A few patients will develop double vision. While awaiting either spontaneous improvement or surgical correction, some patients do well with prism lenses in their spectacles. Temporary, less expensive plastic press-on prisms are available which are applied to glasses and changed as needed.
Prednisone, a steroid medication, may be taken orally to provide temporary relief from pain, swelling, and redness. However, once discontinued, the symptoms frequently recur. Side effects of the medication may limit the length of time it may be used.
Vision loss due to pressure on the optic nerve, the most severe form of the disease, is rare, affecting less than 5% of patients with Grave’s disease. Treatment with prednisone, radiotherapy and surgery either alone or in combination may be required to restore vision.
Overall it should be remembered that gradual improvement is the rule with Graves’ eye disease.
Surgical Management
The retracted and puffy eyelids that have not improved with either medical management or time can alter a person’s appearance and self-esteem and increase the risk of drying of the cornea. Corrective eyelid surgery consists of adjustable loosening of the eyelid retractor muscles and release of scar tissue to bring the eyelids into a more normal position. At the same time, excessive fatty tissue and skin folding can be trimmed to improve appearance. This surgery is performed as an outpatient and is well accepted by most patients.

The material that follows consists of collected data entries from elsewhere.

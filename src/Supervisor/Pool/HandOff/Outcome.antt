-- ===== src/Supervisor/Pool/HandOff/Outcome.antt =====
-- What `handOff` does: it ends within its fuel, gives the socket to one worker that takes it, and
-- refuses it only where no worker would.
use serverless_harness.Base.{
  ℕ, ◌+◌, ◌≡◌, refl, sym, ◌∙◌, subst, inl, inr, true, false, Option, none, some, List, [], ◌∷◌,
  nat_beq, nat_beq_iff, any, keep_if, arith, All, All-in, In, In-keep_if, Bool-cases, Option-cases,
}
use serverless_harness.Supervisor.Routing.{WorkerView, pick_least_loaded}
use serverless_harness.Supervisor.Routing.LeastLoaded.{pick_least_loaded_cases}
use serverless_harness.Supervisor.Pool.State.{Slot, Pool, Effect, write, views, slot_at}
use serverless_harness.Supervisor.Pool.Views.{views-of}
use serverless_harness.Supervisor.Pool.HandOff.{
  stamp, takes, taker, head_field, deliver, is_untried, count_retry, fail_handoff,
}

-- The slot at `id`, if there is one, does not take the socket.
abbrev pub Declines : Pool → ℕ → Type 0
Declines p id = taker p.cells (slot_at p id) ≡ none

-- What no hand-off changes.
pub record Untouched (p after : Pool) : Type 0 where
  pub opts : after.opts ≡ p.opts
  pub next : after.next ≡ p.next
  pub slots : after.slots ≡ p.slots
  pub shutting_down : after.shutting_down ≡ p.shutting_down
  pub idle_waiters : after.idle_waiters ≡ p.idle_waiters
  pub resolved : after.resolved ≡ p.resolved
  pub timers : after.timers ≡ p.timers
  pub spurious : after.tally.spurious_refusals ≡ p.tally.spurious_refusals

-- The socket went to the worker at `t`: its estimate rose by one, and nothing else was sent.
pub record Delivered (p : Pool) (socket : ℕ) (head : Option (List ℕ)) (t : ℕ) (after : Pool)
    : Type 0 where
  pub slot : ℕ
  pub at : slot_at p t ≡ some slot
  pub able : takes (p.cells slot) ≡ true
  pub cells :
      after.cells
      ≡ write slot (record (p.cells slot) { in_flight = (p.cells slot).in_flight + 1 }) p.cells
  pub effects : after.effects ≡ Effect.conn slot socket (head_field head) ∷ p.effects
  pub rest : Untouched p after
  pub refusal_seq : after.refusal_seq ≡ p.refusal_seq
  pub refusal_counted : after.refusal_counted ≡ p.refusal_counted

-- The socket was refused: one refusal is noted, no estimate changed, and every worker declines.
pub record Refused (p : Pool) (socket : ℕ) (after : Pool) : Type 0 where
  pub declined : (id : ℕ) → Declines p id
  pub cells : after.cells ≡ stamp p.cells p.slots
  pub effects : after.effects ≡ Effect.refuse socket ∷ p.effects
  pub rest : Untouched p after
  pub refusal_seq : after.refusal_seq ≡ p.refusal_seq + 1
  pub refusal_counted : after.refusal_counted ≡ false

abbrev pub HandedOff : Pool → ℕ → Option (List ℕ) → Pool × Option ℕ → Type 0
HandedOff p socket head (after, none) = Refused p socket after
HandedOff p socket head (after, some t) = Delivered p socket head t after

-- How many workers the loop has not tried.
abbrev pub untried : List ℕ → Pool → List WorkerView
untried tried p = keep_if (is_untried tried) (views p)

-- Each worker tried has declined.
abbrev pub AllDecline : List ℕ → Pool → Type 0
AllDecline tried p = All (Declines p) tried

any-In : (id : ℕ) (tried : List ℕ) → any (λ t. nat_beq t id) tried ≡ true → In id tried
any-In id [] h = cc
any-In id (t ∷ tried) h = ground (
  arith,
  nat_beq_iff t id,
  λ (later : any (λ t. nat_beq t id) tried ≡ true). any-In id tried later,
)

unhealthy-of-pick_none :
    (ws : List WorkerView) (w : WorkerView)
    → pick_least_loaded ws ≡ none
    → In w ws
    → w.healthy ≡ false
unhealthy-of-pick_none ws w h m = elim (pick_least_loaded_cases ws) [
  | inl (_, down) ↦ All-in (λ v. v.healthy ≡ false) ws w down m
  | inr (b, e, _) ↦ cc
]

taker_down :
    (cells : ℕ → Slot) (o : Option ℕ) (r : ℕ)
    → o ≡ some r
    → (cells r).healthy ≡ false
    → taker cells o ≡ none
unfolding taker
taker_down cells o r e down = ground arith

pub Declines-of-pick_none :
    (p : Pool) (tried : List ℕ)
    → AllDecline tried p
    → pick_least_loaded (untried tried p) ≡ none
    → (id : ℕ) → Declines p id
unfolding taker
Declines-of-pick_none p tried declined h id = elim (Option-cases (slot_at p id)) [
  | inl e ↦ rw e
  | inr (r, e) ↦
      let (w, m, same, shows) = views-of p id r e in
      elim (Bool-cases (is_untried tried w)) [
        | inl fresh ↦
            let down =
              unhealthy-of-pick_none (untried tried p) w h
                (In-keep_if (is_untried tried) (views p) w m fresh) in
            taker_down p.cells (slot_at p id) r e (sym shows.healthy ∙ down)
        | inr old ↦
            All-in (Declines p) tried id declined
              (subst (λ i. In i tried) same (any-In w.id tried (ground arith)))
      ]
]

Untouched-count_retry : {p after : Pool} → Untouched (count_retry p) after → Untouched p after
Untouched-count_retry u = record {
  opts = u.opts;
  next = u.next;
  slots = u.slots;
  shutting_down = u.shutting_down;
  idle_waiters = u.idle_waiters;
  resolved = u.resolved;
  timers = u.timers;
  spurious = u.spurious;
}

-- The loop, from any round on: it ends if the fuel exceeds the number of workers left to try.
module _ (socket : ℕ) (head : Option (List ℕ)) where
  abbrev pub Ends : Pool → Option (Pool × Option ℕ) → Type 0
  Ends p result = (r : Pool × Option ℕ) × (result ≡ some r) × HandedOff p socket head r

  pub fail_handoff-Refused :
      (p : Pool) → ((id : ℕ) → Declines p id) → Refused p socket (fail_handoff socket p)
  unfolding fail_handoff
  fail_handoff-Refused p declined = record {
    declined = declined;
    cells = refl;
    effects = refl;
    rest = same;
    refusal_seq = refl;
    refusal_counted = refl;
  }
    where
      same : Untouched p (fail_handoff socket p)
      same = record {
        opts = refl;
        next = refl;
        slots = refl;
        shutting_down = refl;
        idle_waiters = refl;
        resolved = refl;
        timers = refl;
        spurious = refl;
      }

  pub deliver-Delivered :
      (p : Pool) (t r : ℕ)
      → slot_at p t ≡ some r
      → takes (p.cells r) ≡ true
      → Delivered p socket head t (deliver r socket head p)
  unfolding deliver
  deliver-Delivered p t r at able = record {
    slot = r;
    at = at;
    able = able;
    cells = refl;
    effects = refl;
    rest = same;
    refusal_seq = refl;
    refusal_counted = refl;
  }
    where
      same : Untouched p (deliver r socket head p)
      same = record {
        opts = refl;
        next = refl;
        slots = refl;
        shutting_down = refl;
        idle_waiters = refl;
        resolved = refl;
        timers = refl;
        spurious = refl;
      }

  -- A retry changes a counter only, so what follows is an outcome for the pool before it.
  pub HandedOff-count_retry :
      (p : Pool) (r : Pool × Option ℕ)
      → HandedOff (count_retry p) socket head r
      → HandedOff p socket head r
  HandedOff-count_retry p (after, none) o = record {
    declined = o.declined;
    cells = o.cells;
    effects = o.effects;
    rest = Untouched-count_retry o.rest;
    refusal_seq = o.refusal_seq;
    refusal_counted = o.refusal_counted;
  }
  HandedOff-count_retry p (after, some t) o = record {
    slot = o.slot;
    at = o.at;
    able = o.able;
    cells = o.cells;
    effects = o.effects;
    rest = Untouched-count_retry o.rest;
    refusal_seq = o.refusal_seq;
    refusal_counted = o.refusal_counted;
  }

Some patients’ main eye problem is double vision (diplopia) which is a result of asymmetric scarring and inflammation of the eye movement muscles. When this problem has not resolved either spontaneously or with prisms in the spectacles, corrective surgery is required. This surgery consists of detaching and repositioning the eye movement muscles on the eyeball to improve ocular alignment and minimize the double vision.
The buildup of inflammation and scarring behind the eye may sometimes cause significant forward protrusion of the eye, which increases the disfigurement and ocular exposure. In 5% of Graves disease patients, the swelling in the orbit may actually contribute to progressive visual loss due to pressure on the optic nerve.
The orbital decompression procedure enlarges the eye socket to accommodate the extra tissue that is deposited behind the eye and allows this tissue to expand into the neighboring sinus cavities so that the eye will settle back to a more normal position.
Orbital decompression is indicated in patients with significant protrusion of the eyes, visual loss, or severe exposure of the corneas. Sometimes careful resection of the fat behind the eyeball is performed in conjunction with or in place of the bone decompression.
The surgery is usually performed under a general anesthesia and usually an overnight stay in the hospital is required. There is usually a significant improvement in the first week, which continues slowly over the next several months in 90% of the patients. The main risks of this procedure are double vision, numbness of the cheek and lip, and possible visual loss. Graves’ disease patients should be followed by an ophthalmologist experienced with the above conditions and treatments.